Lines of the data that contain the word "until" are the ones to copy.

> _Collection entries_
= = = =

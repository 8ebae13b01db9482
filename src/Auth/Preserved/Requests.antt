-- ===== src/Auth/Preserved/Requests.antt =====
-- Every request to auth/service.py, but a registration, keeps the spent rows of the tables spent.
use zhiniu.Prelude.{
  ℕ, Bool, true, false, not, ◌&&◌, is_some, ◌≡◌, refl, Option, none, some, List, [], ◌∷◌, ◌++◌,
  codes, map, if◌then◌else◌, arith,
}
use zhiniu.DateTime.{DateTime}
use zhiniu.AccessControl.Store.{User}
use zhiniu.AccessControl.Entitlements.{get_user}
use zhiniu.Auth.Store.{
  UserSessionRecord, EmailVerificationTokenRecord, PasswordResetTokenRecord, AuthDb, Request,
  UserLegalAcceptanceRecord, ok, ◌>>=◌,
}
use zhiniu.Auth.Safe.{Safe, returned, Safe->>=, Safe-then, Safe-if}
use zhiniu.Auth.Legal.{Acceptances, accept_legal_documents}
use zhiniu.Auth.Sessions.{
  with_users, login, authenticate, authenticate_row, authenticate_user, touch, is_stale,
  elevate_operator_session, is_empty, elevate_rows, session_by_hash, hash_token,
}
use zhiniu.Auth.Sessions.Ending.{revoke_all_sessions, logout, revoke_session, is_open_session}
use zhiniu.Auth.Emails.{
  verify_email, verify_email_code, verify_rows, revoke_verifications, delivery_row,
  create_email_verification, Resent, message_sent, delivery_unavailable, consume_email_verification,
  resend_verification, deliver_email,
}
use zhiniu.Auth.Passwords.{
  request_password_reset, reset_for, revoke_resets, reset_row, confirm_password_reset,
  reset_password,
}
use zhiniu.Auth.Preserved.{
  Kept, revoked, Kept-refl, mapped_sessions, mapped_resets, added_reset, mapped_verifications,
  elsewhere, changed_users, created_session, created_verification, delivered_email,
}

Kept-if :
    (base x y : AuthDb) (b : Bool) → Kept base x → Kept base y → Kept base (if b then x else y)
Kept-if base x y true h k = h
Kept-if base x y false h k = k

module _ (rq : Request) (db : AuthDb) where
  mapped :
      (f : UserSessionRecord → UserSessionRecord)
      → ((s : UserSessionRecord) → (f s).token_hash ≡ s.token_hash)
      → ((s : UserSessionRecord) → revoked s ≡ true → revoked (f s) ≡ true)
      → Kept db (record db { sessions = map f db.sessions })
  mapped f same stays = mapped_sessions db db f same stays (Kept-refl db)

  pub login-Kept : (email password : List ℕ) → Safe (λ p. Kept db p.1) (login rq db email password)
  unfolding login
  login-Kept email password = search (Safe->>=, created_session, changed_users, Kept-refl) depth 8

  pub touch-Kept : (row : UserSessionRecord) → Kept db (touch rq db row)
  touch-Kept row =
      Kept-if db _ _ (is_stale rq.now row) (mapped _ (λ s. ground arith) (λ s h. ground arith))
        (Kept-refl db)

  pub authenticate_user-Kept :
      (row : UserSessionRecord) (user : Option User) → Kept db (authenticate_user rq db row user).1
  authenticate_user-Kept row none = Kept-refl db
  authenticate_user-Kept row (some user) = ground (arith, touch-Kept row, Kept-refl db)

  pub authenticate_row-Kept :
      (row : Option UserSessionRecord) → Kept db (authenticate_row rq db row).1
  authenticate_row-Kept none = Kept-refl db
  authenticate_row-Kept (some row) =
      ground (arith, authenticate_user-Kept row (get_user db.access row.user_id), Kept-refl db)

  pub reset_for-Kept : (user : Option User) → Safe (λ p. Kept db p.1) (reset_for rq db user)
  reset_for-Kept none = returned (Kept-refl db)
  reset_for-Kept (some user) = search (Safe->>=, returned, requested) depth 10
    where
      requested :
          (t : DateTime)
          → Kept db
              (deliver_email rq (record db {
                resets = revoke_resets rq.now user.id db.resets ++ reset_row rq user.id t ∷ [];
                deliveries =
                    db.deliveries
                    ++ delivery_row rq user.id (codes "reset_password") (codes "v1") ∷ [];
              })).1
      requested t = delivered_email db rq _ (
          elsewhere db
            (record db {
              resets = revoke_resets rq.now user.id db.resets ++ reset_row rq user.id t ∷ [];
            })
            _
            (added_reset db (record db { resets = revoke_resets rq.now user.id db.resets })
              (reset_row rq user.id t)
              (mapped_resets db db _ (λ t. ground arith) (λ t h. ground arith) (Kept-refl db)))
            refl refl refl refl)

  pub confirm_password_reset-Kept :
      (token password : List ℕ)
      → Safe (λ p. Kept db p.1) (confirm_password_reset rq db token password)
  unfolding confirm_password_reset
  confirm_password_reset-Kept token password = search (Safe->>=, returned, reset_done) depth 10
    where
      reset_done :
          (row : PasswordResetTokenRecord) (user : User)
          → Kept db (reset_password rq db row user password)
      reset_done row user =
          elsewhere db _ _
            (mapped_sessions db _ _ (λ s. ground arith) (λ s h. ground arith)
              (mapped_resets db db _ (λ t. ground arith) (λ t h. ground arith) (Kept-refl db)))
            refl refl refl refl

  pub consume_email_verification-Kept :
      (found : Option EmailVerificationTokenRecord)
      → Safe (λ p. Kept db p.1) (consume_email_verification rq db found)
  unfolding consume_email_verification
  consume_email_verification-Kept found =
      search (Safe->>=, Safe-if, returned, verified_rows, Kept-refl) depth 12
    where
      verified_rows :
          (row : EmailVerificationTokenRecord) (user_id : ℕ) (users : List User)
          → Kept db (record (with_users db users) {
            verifications = verify_rows rq.now user_id row db.verifications;
          })
      verified_rows row user_id users =
          mapped_verifications db (with_users db users) _ (λ t. ground arith) (λ t h. ground arith)
            (changed_users db db users (Kept-refl db))

  pub accept_legal_documents-Kept :
      (user_id : ℕ) (acceptances : Acceptances)
      → Safe (λ p. Kept db p.1) (accept_legal_documents rq db user_id acceptances)
  unfolding accept_legal_documents
  accept_legal_documents-Kept user_id acceptances = search (Safe->>=, returned, accepted) depth 8
    where
      accepted :
          (rows : List UserLegalAcceptanceRecord) → Kept db (record db { acceptances = rows })
      accepted rows = elsewhere db db _ (Kept-refl db) refl refl refl refl

  pub logout-Kept : (token : List ℕ) → Kept db (logout rq db token)
  unfolding logout
  logout-Kept token =
      Kept-if db _ _ (is_empty token) (Kept-refl db)
        (mapped _ (λ s. ground arith) (λ s h. ground arith))

  pub verify_email-Kept : (token : List ℕ) → Safe (λ p. Kept db p.1) (verify_email rq db token)
  unfolding verify_email
  verify_email-Kept token = consume_email_verification-Kept _

  pub request_password_reset-Kept :
      (email : List ℕ) → Safe (λ p. Kept db p.1) (request_password_reset rq db email)
  unfolding request_password_reset
  request_password_reset-Kept email = reset_for-Kept _

  pub verify_email_code-Kept :
      (user_id : ℕ) (code : List ℕ) → Safe (λ p. Kept db p.1) (verify_email_code rq db user_id code)
  unfolding verify_email_code
  verify_email_code-Kept user_id code = search (Safe->>=, consume_email_verification-Kept) depth 4

  pub resend_verification-Kept :
      (user_id : ℕ) → Safe (λ p. Kept db p.1) (resend_verification rq db user_id)
  unfolding resend_verification
  resend_verification-Kept user_id = search (Safe->>=, Safe-if, returned, resent, Kept-refl) depth 8
    where
      resent :
          (user : User)
          → Safe
              (λ (p : Resent × AuthDb). Kept db p.1)
              (create_email_verification rq
                  (record db {
                    verifications = revoke_verifications rq.now user.id db.verifications;
                  })
                  user
                >>= λ created.
                    let (on_its_way, db') = deliver_email rq created.1 in
                    ok ((if on_its_way then message_sent else delivery_unavailable), db'))
      resent user =
          Safe-then
            (created_verification db rq _ user (
              mapped_verifications db db _ (λ t. ground arith) (λ t h. ground arith)
                (Kept-refl db)))
            λ p k. returned (delivered_email db rq p.1 k)

  pub elevate_operator_session-Kept :
      (token : List ℕ) (minutes : ℕ)
      → Safe (λ p. Kept db p.1) (elevate_operator_session rq db token minutes)
  unfolding elevate_operator_session
  elevate_operator_session-Kept token minutes =
      search (Safe->>=, Safe-if, returned, elevated, Kept-refl) depth 8
    where
      elevated :
          (until : DateTime)
          → Kept db (record db { sessions = elevate_rows rq token until db.sessions })
      elevated until = mapped _ (λ s. ground arith) (λ s h. ground arith)

  pub revoke_all_sessions-Kept : (user_id : ℕ) → Kept db (revoke_all_sessions rq db user_id).1
  unfolding revoke_all_sessions
  revoke_all_sessions-Kept user_id = mapped _ (λ s. ground arith) (λ s h. ground arith)

  pub revoke_session-Kept :
      (user_id session_id : ℕ) → Kept db (revoke_session rq db user_id session_id).1
  unfolding revoke_session
  revoke_session-Kept user_id session_id = ground (
    arith,
    Kept-refl db,
    mapped
        (λ s.
          if is_open_session user_id session_id s && not (is_some s.revoked_at)
          then record s { revoked_at = some rq.now }
          else s)
        (λ s. ground arith) (λ s h. ground arith),
  )

  pub authenticate-Kept : (token : List ℕ) → Kept db (authenticate rq db token).1
  unfolding authenticate
  authenticate-Kept token =
      ground (arith, authenticate_row-Kept (session_by_hash db (hash_token rq token)), Kept-refl db)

= = = =

> _Written response_
          (until : DateTime)
          → Kept db (record db { sessions = elevate_rows rq token until db.sessions })
      elevated until = mapped _ (λ s. ground arith) (λ s h. ground arith)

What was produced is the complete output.